L’affaiblissement de la position mondiale de la France, l’insuffisance des investissements, la désindustrialisation et la perte de marchés qui en résultent et enfin le poids écrasant de la dette publique signifient que les bases économiques de l’« état providence » et le niveau de vie des travailleurs et des classes moyennes sont en train d’être détruites. L’imposition de la régression sociale a des implications pour le régime politique, qui glisse progressivement vers une forme de bonapartisme parlementaire. Le droit de grève, la liberté d’expression et l’ensemble des agencements des régimes de « démocratie bourgeoise », sont de moins en moins compatibles avec les besoins et les intérêts de la classe capitaliste. L’expérience de l’élection de Syriza en Grèce (janvier 2015) a montré qu’un gouvernement qui veut prendre un autre chemin que celui dicté par les capitalistes se trouvera en confrontation directe avec la pleine puissance de la classe capitaliste et des institutions nationales et internationales qui la protègent. Pour mettre le gouvernement Tsipras à genoux, la BCE a provoqué un effondrement du système bancaire en Grèce, obligeant Tsipras de choisir entre la faillite ou la soumission. L’Eurogroupe et la BCE ont, selon les termes employés par le journal Stern, « écrasé la Grèce », comme un avertissement à d’autres gouvernements qui essaieraient de les défier. Pour que prévalent les intérêts des capitalistes, les droits démocratiques doivent être restreints et, si besoin est, supprimés.

Le recul du capitalisme français par rapport à ses concurrents les plus importants s’est poursuivi, et se poursuivra davantage, indépendamment des politiques mises en œuvre par les gouvernements à son service.
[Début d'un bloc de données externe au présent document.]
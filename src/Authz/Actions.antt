-- ===== src/Authz/Actions.antt =====
-- The permission and the access class of LinuxGSM actions.
use linuxgsm_dashboard.Base.{
  Text, codes, List, [], ◌∷◌, Bool, true, false, ◌||◌, Option, none, some, ◌≡◌, ◌≢◌, refl, ◌⊎◌, inl,
  inr, ◌↔◌, arith, eqt, eqt_refl, All, subst, text_mem, Bool-cases,
}
use linuxgsm_dashboard.User.{User, is_admin}
use linuxgsm_dashboard.Authz.{
  perm_admin, perm_start, perm_stop, perm_restart, perm_backup, perm_config,
  is_assignable_permission, has_permission, can_access_server, authorize_user,
  authorize_server_action, action_permission, bulk_action_permission, bulk_actions, admin_actions,
  action_access, agent_mode_allows, mode_read_only, access_write, access_read, access_control,
}
use linuxgsm_dashboard.Authz.Granted.{In, here, later, text_mem-In, In-text_mem}

-- Whether a server exists does not show to a user without access to it: the answer is the same for
-- every set of existing servers, and it is a refusal.
pub no_enumeration :
    (u : User) (id perm : Text) (known known' : Option (Text → Bool))
    → can_access_server u id ≡ false
    → (authorize_server_action (some u) id perm known
        ≡ authorize_server_action (some u) id perm known')
      × (authorize_server_action (some u) id perm known ≢ none)
unfolding authorize_server_action authorize_user
no_enumeration u id perm known known' h = (ground arith, λ e. ground arith)

assignable :
    (is_assignable_permission perm_start ≡ true)
    × (is_assignable_permission perm_stop ≡ true)
    × (is_assignable_permission perm_restart ≡ true)
    × (is_assignable_permission perm_backup ≡ true)
    × (is_assignable_permission perm_config ≡ true)
unfolding is_assignable_permission text_mem eqt
assignable = (refl, refl, refl, refl, refl)

-- The permission that an action needs is the administrators' own or one that can be assigned.
pub action_permission_range :
    (action : Text) {perm : Text}
    → action_permission action ≡ some perm
    → (perm ≡ perm_admin) ⊎ (is_assignable_permission perm ≡ true)
unfolding action_permission
action_permission_range action {perm} h = ground (arith, assignable)

All-In : (P : Text → Type 0) (t : Text) (ss : List Text) → All P ss → In t ss → P t
All-In P t ss h (here s rest e) = subst P e h.0
All-In P t ss h (later s rest i) = All-In P t rest h.1 i

admin_only : All (λ a. action_permission a ≡ some perm_admin) admin_actions
unfolding action_permission text_mem eqt
admin_only = (
  refl,
  (
    refl,
    (
      refl,
      (
        refl,
        (
          refl,
          (
            refl,
            (
              refl,
              (
                refl,
                (refl, (refl, (refl, (refl, (refl, (refl, (refl, (refl, (refl, (refl, tt)))))))))),
              ),
            ),
          ),
        ),
      ),
    ),
  ),
)

-- Each of the administrators' actions needs a permission, and a user who is no administrator is
-- refused under it, whatever permissions the user record lists.
pub admin_action_refused :
    (u : User) (id action : Text) (known : Option (Text → Bool))
    → is_admin u ≡ false
    → In action admin_actions
    → (perm : Text) × (action_permission action ≡ some perm)
      × (authorize_server_action (some u) id perm known ≢ none)
unfolding authorize_server_action authorize_user has_permission
admin_action_refused u id action known h i = (
  perm_admin,
  All-In (λ a. action_permission a ≡ some perm_admin) action admin_actions admin_only i,
  λ e. ground (arith, eqt_refl perm_admin),
)

-- A bulk action has a permission exactly when it is on the list of five, and then it is the
-- permission that the action needs by itself.
pub bulk_action_iff :
    (action perm : Text)
    → (bulk_action_permission action ≡ some perm)
      ↔ (In action bulk_actions × (action_permission action ≡ some perm))
unfolding bulk_action_permission
bulk_action_iff action perm = (
  (λ h. (text_mem-In action bulk_actions (ground arith), ground arith)),
  λ h. ground (arith, In-text_mem action bulk_actions h.0),
)

abbrev pub read_only_actions : List Text
read_only_actions = codes "start" ∷ codes "stop" ∷ codes "restart" ∷ codes "details" ∷ []

control_class :
    (agent_mode_allows mode_read_only access_control ≡ true)
    × (agent_mode_allows mode_read_only access_read ≡ true)
    × (agent_mode_allows mode_read_only access_write ≡ false)
unfolding agent_mode_allows eqt
control_class = (refl, refl, refl)

abbrev control_actions : List Text
control_actions = codes "start" ∷ codes "stop" ∷ codes "restart" ∷ []

read_only_mem :
    (action : Text)
    → text_mem action read_only_actions
      ≡ (text_mem action control_actions || eqt action (codes "details"))
unfolding text_mem
read_only_mem action = ground arith

read_only_test :
    (action : Text)
    → agent_mode_allows mode_read_only (action_access action) ≡ text_mem action read_only_actions
unfolding action_access
read_only_test action = elim (Bool-cases (text_mem action control_actions)) [
  | inl c ↦ rw (read_only_mem, c, action_access) (control_class.0)
  | inr d ↦
      rw (read_only_mem, d, action_access)
        (elim (Bool-cases (eqt action (codes "details"))) [
          | inl e ↦ rw e (control_class.1)
          | inr e ↦ rw e (control_class.2)
        ])
]

-- A read-only node runs exactly the actions start, stop, restart and details.
pub read_only_runs :
    (action : Text)
    → (agent_mode_allows mode_read_only (action_access action) ≡ true) ↔ In action read_only_actions
read_only_runs action =
    rw read_only_test (text_mem-In action read_only_actions, In-text_mem action read_only_actions)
Ceci  s’explique par le fait qu’il est déterminé par des données objectives bien plus lourdes que les nuances des « priorités » gouvernementales. Notre point de vue révolutionnaire nous distingue de toutes les tendances nationalistes et réactionnaires qui « regrettent » ce déclin et cherchent à augmenter la puissance du capitalisme français au détriment de ses rivaux. Nous ne nous plaçons pas sur le terrain de la rivalité et la concurrence capitaliste. Notre objectif est d’en finir avec le système capitaliste. Convaincre les travailleurs que cette transformation révolutionnaire de l’ordre social est possible et nécessaire constitue le point focal de notre activité. Sans l’engagement conscient et massif des travailleurs dans la lutte contre le capitalisme, son renversement est impossible. Dans l’immédiat, il faut soutenir et encourager toutes les luttes contre les forces du capital, quelle que soit la portée des revendications. Chaque mesure tendant à renforcer la position des travailleurs face aux capitalistes et répondant ne serait-ce que partiellement à leurs besoins serait bien évidemment un pas en avant. Mais en même temps, nous devons constamment rappeler aux travailleurs que la source des problèmes auxquels ils sont confrontés réside dans la propriété capitaliste des moyens de production et des grands groupes financiers. Nous sommes pour la défense et l’extension du secteur public. Des nationalisations, même limitées à quelques entreprises ou secteurs économiques, seraient positives, parce qu’elles réduisent le champ d’action des capitalistes et renforcent la position des salariés. Il n’empêche que dans les conditions actuelles, toute résistance vraiment efficace à la régression sociale implique impérativement une lutte contre la propriété capitaliste dans tous les domaines de l’économie et contre toutes les organisations et institutions au service de la classe dominante. Ceci constitue la base matérielle et la justification objective de notre politique communiste et révolutionnaire.